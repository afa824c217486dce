-- ===== src/Rpg/Worlds/Filed.antt =====
-- The worlds that demo-rpg/src/world_parser.cpp makes: each location is filed under its own
-- identifier, once.
use c_book.Prelude.{
  ℕ, suc, ◌≡◌, ◌⊎◌, refl, ap, ◌∙◌, sym, subst, Bool, true, false, not, ◌||◌, List, [], ◌∷◌, ◌++◌,
  some, Option-cases, All, All-append, codes, bytes_eq, bytes_eq_refl, get_or, Bool-cases, inl, inr,
  arith, ◌==◌, if◌then◌else◌, Outcome, throw, ok, ◌>>=◌,
}
use c_book.Prelude.Tables.{Table, find_key}
use c_book.Rpg.Items.{Item, add}
use c_book.Rpg.Places.{Location, World, make_location, add_exit, add_location}
use c_book.Rpg.Streams.{Stream, stream, is_white, span_of, skip_spaces, next_word, lines}
use c_book.Rpg.Saves.Words.{IsInk, IsWord}
use c_book.Rpg.Saves.Filling.{IsNew, AreDistinct, assign-new, IsNew-append, new-differs}
use c_book.Rpg.Worlds.{
  WorldError, without_id, trim, LocationDraft, add_exits, add_all, finalize, parse_item_line,
  Parser, commit_draft, parse_field, parse_location, parse_text, parse_world_line,
  parse_world_lines, fresh_parser, parse_world,
}

span_of-IsInk : (l : List ℕ) → All IsInk (span_of (λ b. not (is_white b)) l).0
unfolding span_of
span_of-IsInk [] = tt
span_of-IsInk (c ∷ cs) = elim (Bool-cases (is_white c)) [
  | inl space ↦ rw space tt
  | inr ink ↦ rw ink (ink, span_of-IsInk cs)
]

stream-IsWord :
    (l : List ℕ) → ((next_word [] (stream l)).0 ≡ []) ⊎ IsWord (next_word [] (stream l)).0
unfolding next_word skip_spaces span_of
stream-IsWord [] = inl refl
stream-IsWord (c ∷ cs) = elim (Bool-cases (is_white c)) [
  | inl space ↦ rw space (stream-IsWord cs)
  | inr ink ↦ rw ink (rw ink (inr (ink, span_of-IsInk cs)))
]

-- What is read is a word, where it is not empty.
pub next_word-IsWord : (s : Stream) → ((next_word [] s).0 ≡ []) ⊎ IsWord (next_word [] s).0
unfolding next_word
next_word-IsWord s = elim (Bool-cases s.failed) [
  | inl failed ↦ rw failed (inl refl)
  | inr fine ↦ rw fine (stream-IsWord s.rest)
]

abbrev pub IsFiledUnder : List ℕ × Location → Type 0
IsFiledUnder (key, l) = (key ≡ l.id) × IsWord l.id

abbrev pub IsAtlas : World → Type 0
IsAtlas w = All IsFiledUnder w × AreDistinct w

record IsFiled (p : Parser) : Type 0 where
  atlas : IsAtlas p.world
  named : (p.have_draft ≡ true) → IsWord p.draft.id
  idle : (p.have_draft ≡ false) → p.draft.id ≡ []

distinct-append :
    (w : World) (k : List ℕ) (l : Location)
    → AreDistinct w
    → IsNew k w
    → AreDistinct (w ++ (k, l) ∷ [])
distinct-append [] k l d n = (refl, tt)
distinct-append ((j, x) ∷ w) k l d n =
    let differs = new-differs k ((j, x) ∷ w) n in
    (IsNew-append j k l w d.0 differs.0, distinct-append w k l d.1 (later n differs.0))
  where
    later : IsNew k ((j, x) ∷ w) → bytes_eq k j ≡ false → IsNew k w
    later n e = ground (arith, bytes_eq_refl k)

add_location-IsAtlas :
    (l : Location) (w : World) → IsWord l.id → IsAtlas w → IsAtlas (add_location l w)
unfolding add_location
add_location-IsAtlas l w word (filed, distinct) = elim (Option-cases (find_key l.id w)) [
  | inl new ↦
      rw (new, add_location)
        (subst IsAtlas (sym (assign-new l.id l w new)) (
          All-append IsFiledUnder w _ filed ((refl, word), tt),
          distinct-append w l.id l distinct new,
        ))
  | inr (old, e) ↦ rw (e, add_location) (filed, distinct)
]

add_exits-id : (es : Table (List ℕ)) (l : Location) → (add_exits es l).id ≡ l.id
unfolding add_exits add_exit
add_exits-id [] l = refl
add_exits-id (e ∷ es) l = add_exits-id es (add_exit e.0 e.1 l)

add_all-id : (is : List Item) (l : Location) → (add_all is l).id ≡ l.id
unfolding add_all
add_all-id [] l = refl
add_all-id (i ∷ is) l = add_all-id is (record l { items = add (some i) l.items })

finalize-id : (d : LocationDraft) → (finalize d).id ≡ d.id
unfolding finalize make_location
finalize-id d = add_all-id d.items _ ∙ add_exits-id d.exits (make_location d.id d.name d.desc)

commit_draft-IsAtlas : (p : Parser) → IsFiled p → IsAtlas (commit_draft p).world
unfolding commit_draft
commit_draft-IsAtlas p f = elim (Bool-cases p.have_draft) [
  | inl there ↦ rw there (
      add_location-IsAtlas (finalize p.draft) p.world
        (subst IsWord (sym (finalize-id p.draft)) (f.named there)) f.atlas)
  | inr away ↦ rw away f.atlas
]

committed-id : (p : Parser) → IsFiled p → (commit_draft p).draft.id ≡ []
unfolding commit_draft
committed-id p f = elim (Bool-cases p.have_draft) [
  | inl there ↦ rw there refl
  | inr away ↦ rw away (f.idle away)
]

named-IsWord :
    (old : List ℕ) (s : Stream)
    → old ≡ []
    → bytes_eq (next_word old s).0 [] ≡ false
    → IsWord (next_word old s).0
named-IsWord old s e h = elim (next_word-IsWord s) [
  | inl empty ↦
      let x = ap (λ o. (next_word o s).0) e ∙ empty in
      let y : bytes_eq (next_word old s).0 [] ≡ true =
        ap (λ l. bytes_eq l []) x ∙ bytes_eq_refl [] in
      absurd cc
  | inr word ↦ subst (λ o. IsWord (next_word o s).0) (sym e) word
]

-- What holds of the parser, where there was no exception.
Keeps : Outcome WorldError Parser → Type 0
Keeps (throw e) = Unit
Keeps (ok p) = IsFiled p

Keeps-if :
    (b : Bool) (x y : Outcome WorldError Parser) → Keeps x → Keeps y → Keeps (if b then x else y)
Keeps-if true x y a b = a
Keeps-if false x y a b = b

Keeps-bind :
    (m : Outcome WorldError Parser) (f : Parser → Outcome WorldError Parser)
    → Keeps m
    → ((p : Parser) → IsFiled p → Keeps (f p))
    → Keeps (m >>= f)
unfolding Keeps
Keeps-bind (throw e) f a g = tt
Keeps-bind (ok p) f a g = g p a

Keeps-item :
    (m : Outcome WorldError Item) (f : Item → Parser)
    → ((i : Item) → IsFiled (f i))
    → Keeps (m >>= λ i. ok (f i))
unfolding Keeps
Keeps-item (throw e) f g = tt
Keeps-item (ok i) f g = g i

Keeps-ok : (p : Parser) → IsFiled p → Keeps (ok p)
unfolding Keeps
Keeps-ok p f = f

Keeps-throw : (e : WorldError) → Keeps (throw e)
unfolding Keeps
Keeps-throw e = tt

parse_field-Keeps :
    (keyword : List ℕ) (s : Stream) (p : Parser) → IsFiled p → Keeps (parse_field keyword s p)
unfolding parse_field
parse_field-Keeps keyword s p f =
    let (dir, s1) = next_word [] s in
    let target = (next_word [] s1).0 in
    let same = λ (d : LocationDraft) (e : d.id ≡ p.draft.id).
      Keeps-ok (record p { draft = d })
        (record {
          atlas = f.atlas;
          named = λ h. subst IsWord (sym e) (f.named h);
          idle = λ h. e ∙ f.idle h;
        }) in
    Keeps-if (bytes_eq keyword (codes "name")) _ _ (same _ refl) (
      Keeps-if (bytes_eq keyword (codes "desc")) _ _ (same _ refl) (
        Keeps-if (bytes_eq keyword (codes "exit")) _ _
          (Keeps-if (bytes_eq dir [] || bytes_eq target []) _ _ (Keeps-throw _) (same _ refl))
          (Keeps-if (bytes_eq keyword (codes "item")) _ _
            (Keeps-item (parse_item_line s p.line_no)
              (λ i. record p { draft = record (p.draft) { items = p.draft.items ++ i ∷ [] } })
              (λ i. record { atlas = f.atlas; named = f.named; idle = f.idle }))
            (Keeps-throw _))))

parse_location-Keeps : (s : Stream) (p : Parser) → IsFiled p → Keeps (parse_location s p)
unfolding parse_location
parse_location-Keeps s p f =
    let q = commit_draft p in
    let id = (next_word q.draft.id s).0 in
    elim (Bool-cases (bytes_eq id [])) [
      | inl empty ↦ rw empty (Keeps-throw (without_id q.line_no))
      | inr some_id ↦ rw some_id (
          Keeps-ok _ (record {
            atlas = commit_draft-IsAtlas p f;
            named = λ h. named-IsWord q.draft.id s (committed-id p f) some_id;
            idle = λ h. absurd cc;
          }))
    ]

parse_text-Keeps : (text : List ℕ) (p : Parser) → IsFiled p → Keeps (parse_text text p)
unfolding parse_text
parse_text-Keeps text p f =
    let (keyword, s) = next_word [] (stream text) in
    Keeps-if (bytes_eq keyword (codes "location")) _ _ (parse_location-Keeps s p f)
      (Keeps-if p.have_draft _ _ (parse_field-Keeps keyword s p f) (Keeps-throw _))

parse_world_line-Keeps : (l : List ℕ) (p : Parser) → IsFiled p → Keeps (parse_world_line l p)
unfolding parse_world_line
parse_world_line-Keeps l p f =
    let q : Parser = record p { line_no = suc p.line_no } in
    let g : IsFiled q = record { atlas = f.atlas; named = f.named; idle = f.idle } in
    Keeps-if (bytes_eq (trim l) [] || get_or (trim l) 0 0 == 35) _ _ (Keeps-ok q g)
      (parse_text-Keeps (trim l) q g)

parse_world_lines-Keeps :
    (ls : List (List ℕ)) (p : Parser) → IsFiled p → Keeps (parse_world_lines ls p)
unfolding parse_world_lines
parse_world_lines-Keeps [] p f = Keeps-ok p f
parse_world_lines-Keeps (l ∷ ls) p f =
    Keeps-bind (parse_world_line l p) (parse_world_lines ls) (parse_world_line-Keeps l p f)
      (λ q g. parse_world_lines-Keeps ls q g)

fresh_parser-IsFiled : IsFiled fresh_parser
fresh_parser-IsFiled = record { atlas = (tt, tt); named = λ e. absurd cc; idle = λ e. refl }

-- The world that the parser makes of a text, where it throws nothing, has each location under its own
-- identifier, which is a word, and no identifier twice, whatever locations the text repeats.
pub parse_world-IsAtlas : (text : List ℕ) (w : World) → parse_world text ≡ ok w → IsAtlas w
unfolding parse_world Keeps
parse_world-IsAtlas text w e =
    ended (parse_world_lines (lines text) fresh_parser)
      (parse_world_lines-Keeps (lines text) fresh_parser fresh_parser-IsFiled) e
  where
    ended :
        (m : Outcome WorldError Parser)
        → Keeps m
        → (m >>= λ p. ok (commit_draft p).world) ≡ ok w
        → IsAtlas w
    ended (throw x) k e = absurd cc
    ended (ok p) k e = subst IsAtlas (cc e) (commit_draft-IsAtlas p k)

◆ ◆ ◆ ◆ ◆

### WORK ORDER
For this exercise, output exactly the lines above from the line with "unfolding next_word skip_spaces span_of" to the line with "-- What is read", counting both, and leave out the rest.

### EXERCISE SOLUTION
unfolding next_word skip_spaces span_of
stream-IsWord [] = inl refl
stream-IsWord (c ∷ cs) = elim (Bool-cases (is_white c)) [
  | inl space ↦ rw space (stream-IsWord cs)
  | inr ink ↦ rw ink (rw ink (inr (ink, span_of-IsInk cs)))
]

-- What is read is a word, where it is not empty.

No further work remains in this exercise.